2.Biochemical tests during treatment
After starting treatment, blood tests should be performed once a week for the first month, then once a month until 6 months, and then once every 3 months. During the treatment period, liver function should be checked every month, and every 2 months for 6 months after the end of treatment.
3. Virological examination during and after treatment
HCV RNA must be detected at 3 months of treatment, at the end of treatment and after treatment.
4.Monitoring of adverse reactions
Thyroid function tests should be performed every 6 months during treatment and every 3 to 6 months after the end of treatment. If thyroid function abnormalities exist before treatment, thyroid function should be checked every month. In elderly patients, electrocardiogram and cardiac function assessment should be performed prior to treatment. Mental status should also be evaluated periodically.
New hope for antiviral therapy
Currently, nearly 30% of patients with chronic hepatitis C are still not cured after standardized antiviral therapy due to poor response to drug therapy or intolerance of drug side effects. Therefore, new drugs or treatments are needed to provide new treatment opportunities for these patients.

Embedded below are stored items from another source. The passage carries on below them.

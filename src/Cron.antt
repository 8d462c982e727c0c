-- ===== src/Cron.antt =====
-- src/util/cron.h, class CronExpr.
--
-- A mask of 64 bits is the function that says which bits are set; every shift is by less than 64. A
-- time point is a number of nanoseconds, not before the epoch, and `gmtime_r` a parameter.
pub mod Fields
pub mod Next
use mathlib.Core.Option
use testhub.Base
use testhub.Base.{
  ℕ, zero, suc, ◌+◌, ◌-◌, ◌*◌, ◌/◌, ◌==◌, ltb, leb, ◌&&◌, ◌||◌, not, Bool, true, false, List, [],
  ◌∷◌, ◌++◌, Option, none, some, is_empty, length, any, if◌then◌else◌, Text, cut, codes, text_eq,
  to_string,
}
use testhub.StringUtil.{is_space, is_digit, trim, to_upper}

abbrev pub Bits : Type 0
Bits = ℕ → Bool

abbrev pub no_bits : Bits
no_bits i = false

-- `bits | (1ull << v)`.
abbrev pub with_bit : Bits → ℕ → Bits
with_bit bits v i = i == v || bits i

abbrev pub bit : Bits → ℕ → Bool
bit bits v = ltb v 64 && bits v

-- Whether one of the bits below `n` is set: `bits != 0` for 64.
unfoldable pub any_below : ℕ → Bits → Bool
any_below zero bits = false
any_below (suc n) bits = bits n || any_below n bits

pub data Outcome {ℓ} (A : Type ℓ) : Type ℓ where
  ok : A → Outcome A
  fail : Text → Outcome A

infixl 5 ◌>>=◌
abbrev pub ◌>>=◌ {ℓ κ} : {A : Type ℓ} {B : Type κ} → Outcome A → (A → Outcome B) → Outcome B
ok a >>= k = k a
fail e >>= k = fail e

abbrev pub months : List Text
months =
    codes "JAN"
    ∷ codes "FEB"
    ∷ codes "MAR"
    ∷ codes "APR"
    ∷ codes "MAY"
    ∷ codes "JUN"
    ∷ codes "JUL"
    ∷ codes "AUG"
    ∷ codes "SEP"
    ∷ codes "OCT"
    ∷ codes "NOV"
    ∷ codes "DEC"
    ∷ []

abbrev pub weekdays : List Text
weekdays =
    codes "SUN"
    ∷ codes "MON"
    ∷ codes "TUE"
    ∷ codes "WED"
    ∷ codes "THU"
    ∷ codes "FRI"
    ∷ codes "SAT"
    ∷ []

-- The empty text stands for an alias that is not known.
unfoldable pub expand_alias : Text → Text
expand_alias [] = []
expand_alias (c ∷ s) =
    let raw = c ∷ s in
    if not (c == b'@')
    then raw
    else if text_eq raw (codes "@yearly") || text_eq raw (codes "@annually")
    then codes "0 0 1 1 *"
    else if text_eq raw (codes "@monthly")
    then codes "0 0 1 * *"
    else if text_eq raw (codes "@weekly")
    then codes "0 0 * * 0"
    else if text_eq raw (codes "@daily") || text_eq raw (codes "@midnight")
    then codes "0 0 * * *"
    else if text_eq raw (codes "@hourly")
    then codes "0 * * * *"
    else []

-- The loop of `splitWs`, with the word so far.
unfoldable pub split_ws : Text → Text → List Text
split_ws [] cur = if is_empty cur then [] else cur ∷ []
split_ws (c ∷ s) cur =
    let ended = split_ws s [] in
    let more = split_ws s (cur ++ (c ∷ [])) in
    if is_space c then (if is_empty cur then ended else cur ∷ ended) else more

-- The parts between the commas.
unfoldable pub list_items : Text → List Text
list_items [] = [] ∷ []
list_items (d ∷ s) = elim (list_items s) [
  | [] ↦ (d ∷ []) ∷ []
  | p ∷ ps ↦ if d == b',' then [] ∷ p ∷ ps else (d ∷ p) ∷ ps
]

unfoldable pub parse_name : Text → List Text → Option ℕ
parse_name u [] = none
parse_name u (n ∷ names) = if text_eq u n then some 0 else Option.map suc (parse_name u names)

-- The digits of a token; `none` at a byte that is none. The loop ends at a value above 99.
unfoldable pub scan_value : ℕ → Text → Option ℕ
scan_value v [] = some v
scan_value v (c ∷ s) =
    let v' = v * 10 + (c - b'0') in
    let rest = scan_value v' s in if is_digit c then (if ltb 99 v' then some v' else rest) else none

-- `names` is empty where the source passes no table.
unfoldable pub parse_int : Text → ℕ → ℕ → List Text → ℕ → Text → Outcome ℕ
parse_int tok minv maxv names base label = elim (parse_name (to_upper tok) names) [
  | some n ↦
      if ltb (n + base) minv || ltb maxv (n + base)
      then fail (label ++ codes " name out of range")
      else ok (n + base)
  | none ↦ if is_empty tok then fail (label ++ codes " is empty") else elim (scan_value 0 tok) [
    | none ↦ fail (label ++ (codes " has invalid token '" ++ (tok ++ codes "'")))
    | some v ↦
        if ltb v minv || ltb maxv v
        then fail (
            label
            ++ (codes " value "
                ++ (tok
                    ++ (codes " out of range "
                        ++ (to_string minv ++ (codes "-" ++ to_string maxv))))))
        else ok v
  ]
]

-- What one part of a list asks for: from, to, and how far apart.
pub record Item : Type 0 where
  pub first : ℕ
  pub last : ℕ
  pub step : ℕ

-- The range a part gives, without its step.
unfoldable pub parse_range : Text → ℕ → ℕ → List Text → ℕ → Text → Outcome (ℕ × ℕ)
parse_range range minv maxv names base label =
    if text_eq range (codes "*") then ok (minv, maxv) else elim (cut b'-' range).1 [
      | none ↦ parse_int range minv maxv names base label >>= λ a. ok (a, a)
      | some right ↦ parse_int (cut b'-' range).0 minv maxv names base label >>= λ a.
          parse_int right minv maxv names base label >>= λ b.
          (if ltb b a then fail (label ++ codes " range is reversed") else ok (a, b))
    ]

unfoldable pub parse_item : Text → ℕ → ℕ → List Text → ℕ → Text → Outcome Item
parse_item part minv maxv names base label =
    if is_empty part
    then fail (label ++ codes " has an empty list item")
    else (elim (cut b'/' part).1 [
      | none ↦ ok 1
      | some s ↦ parse_int s 1 (maxv - minv + 1) [] 0 label
    ]
        >>= λ step. parse_range (cut b'/' part).0 minv maxv names base label >>= λ (a, b).
            ok (record { first = a; last = b; step = step }))

-- `for (int v = begin; v <= end; v += step) bits |= (1ull << v);`, for at most as many rounds.
unfoldable pub mark : ℕ → ℕ → ℕ → ℕ → Bits → Bits
mark zero v last step bits = bits
mark (suc f) v last step bits =
    let more = mark f (v + step) last step (with_bit bits v) in if leb v last then more else bits

abbrev pub mark_item : Item → Bits → Bits
mark_item it bits = mark (suc it.last - it.first) it.first it.last it.step bits

unfoldable pub parse_items : List Text → ℕ → ℕ → List Text → ℕ → Text → Bits → Outcome Bits
parse_items [] minv maxv names base label bits = ok bits
parse_items (p ∷ ps) minv maxv names base label bits =
    parse_item p minv maxv names base label >>= λ it.
    parse_items ps minv maxv names base label (mark_item it bits)

unfoldable pub parse_field : Text → ℕ → ℕ → List Text → ℕ → Text → Outcome Bits
parse_field field minv maxv names base label =
    if is_empty field
    then fail (label ++ codes " is empty")
    else (parse_items (list_items field) minv maxv names base label no_bits >>= λ bits.
        (if any_below 64 bits then ok bits else fail (label ++ codes " matches nothing")))

pub record CronExpr : Type 0 where
  pub source : Text
  pub minute : Bits
  pub hour : Bits
  pub dom : Bits
  pub month : Bits
  pub dow : Bits
  pub dom_all : Bool
  pub dow_all : Bool

-- 0 and 7 are both Sunday.
abbrev pub both_sundays : Bits → Bits
both_sundays bits =
    let b = if bits 7 then with_bit bits 0 else bits in if b 0 then with_bit b 7 else b

unfoldable pub parse_fields : Text → Text → Text → Text → Text → Text → Outcome CronExpr
parse_fields raw f0 f1 f2 f3 f4 = parse_field f0 0 59 [] 0 (codes "minute") >>= λ minute.
    parse_field f1 0 23 [] 0 (codes "hour") >>= λ hour.
    parse_field f2 1 31 [] 0 (codes "day-of-month") >>= λ dom.
    parse_field f3 1 12 months 1 (codes "month") >>= λ month.
    parse_field f4 0 7 weekdays 0 (codes "day-of-week") >>= λ dow. ok (record {
      source = raw;
      minute = minute;
      hour = hour;
      dom = dom;
      month = month;
      dow = both_sundays dow;
      dom_all = text_eq f2 (codes "*");
      dow_all = text_eq f4 (codes "*");
    })

abbrev wrong_count : ℕ → Outcome CronExpr
wrong_count n =
    fail (codes "cron must have 5 fields (minute hour day month weekday), got " ++ to_string n)

unfoldable pub with_fields : Text → List Text → Outcome CronExpr
with_fields raw (a ∷ b ∷ c ∷ d ∷ e ∷ []) = parse_fields raw a b c d e
with_fields raw fields = wrong_count (length fields)

unfoldable pub parse : Text → Outcome CronExpr
parse text =
    let raw = trim text in
    let expanded = expand_alias raw in
    if is_empty raw
    then fail (codes "cron expression is empty")
    else if is_empty expanded
    then fail (codes "unknown cron alias: " ++ raw)
    else with_fields raw (split_ws expanded [])

pub record Tm : Type 0 where
  pub min : ℕ
  pub hour : ℕ
  pub mday : ℕ
  pub mon : ℕ
  pub wday : ℕ

unfoldable pub matches_tm : CronExpr → Tm → Bool
matches_tm c t =
    if not (bit c.minute t.min) || (not (bit c.hour t.hour) || not (bit c.month (t.mon + 1)))
    then false
    else if c.dom_all && c.dow_all
    then true
    else if c.dom_all
    then bit c.dow t.wday
    else if c.dow_all
    then bit c.dom t.mday
    else bit c.dom t.mday || bit c.dow t.wday

abbrev pub minute_ticks : ℕ
minute_ticks = 60 * 1000000000

-- How many minutes `nextAfter` tries.
abbrev pub max_minutes : ℕ
max_minutes = 366 * 24 * 60

module _ (utc : ℕ → Option Tm) where
  unfoldable pub matches : CronExpr → ℕ → Bool
  matches c tp = elim (utc tp) [ none ↦ false | some t ↦ matches_tm c t ]

  -- The loop of `nextAfter`: the first of `n` minutes that matches, or the zero time point.
  unfoldable pub search_minutes : ℕ → CronExpr → ℕ → ℕ
  search_minutes zero c cursor = 0
  search_minutes (suc n) c cursor =
      let later = search_minutes n c (cursor + minute_ticks) in
      if matches c cursor then cursor else later

  unfoldable pub next_after : CronExpr → ℕ → ℕ
  next_after c tp = search_minutes max_minutes c (tp / minute_ticks * minute_ticks + minute_ticks)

In 2011, the American Association for the Study of Liver Diseases (AASLD) added two oral antivirals, telaprevir and baceprevir, which are specific protease inhibitors of HCV, to the first-line drugs for the treatment of hepatitis C in an update of the guidelines for the treatment of chronic type 1 HCV infection, and their use has given humans The use of these two drugs, which are HCV-specific protease inhibitors, has given humans a new and powerful weapon in the fight against HCV.
Therefore, both clinicians and patients themselves should have a positive and optimistic attitude when facing chronic HCV infection, and most patients can be cured after receiving regular treatment; for some refractory patients, the cure rate and prognosis are improving with the development of medical technology.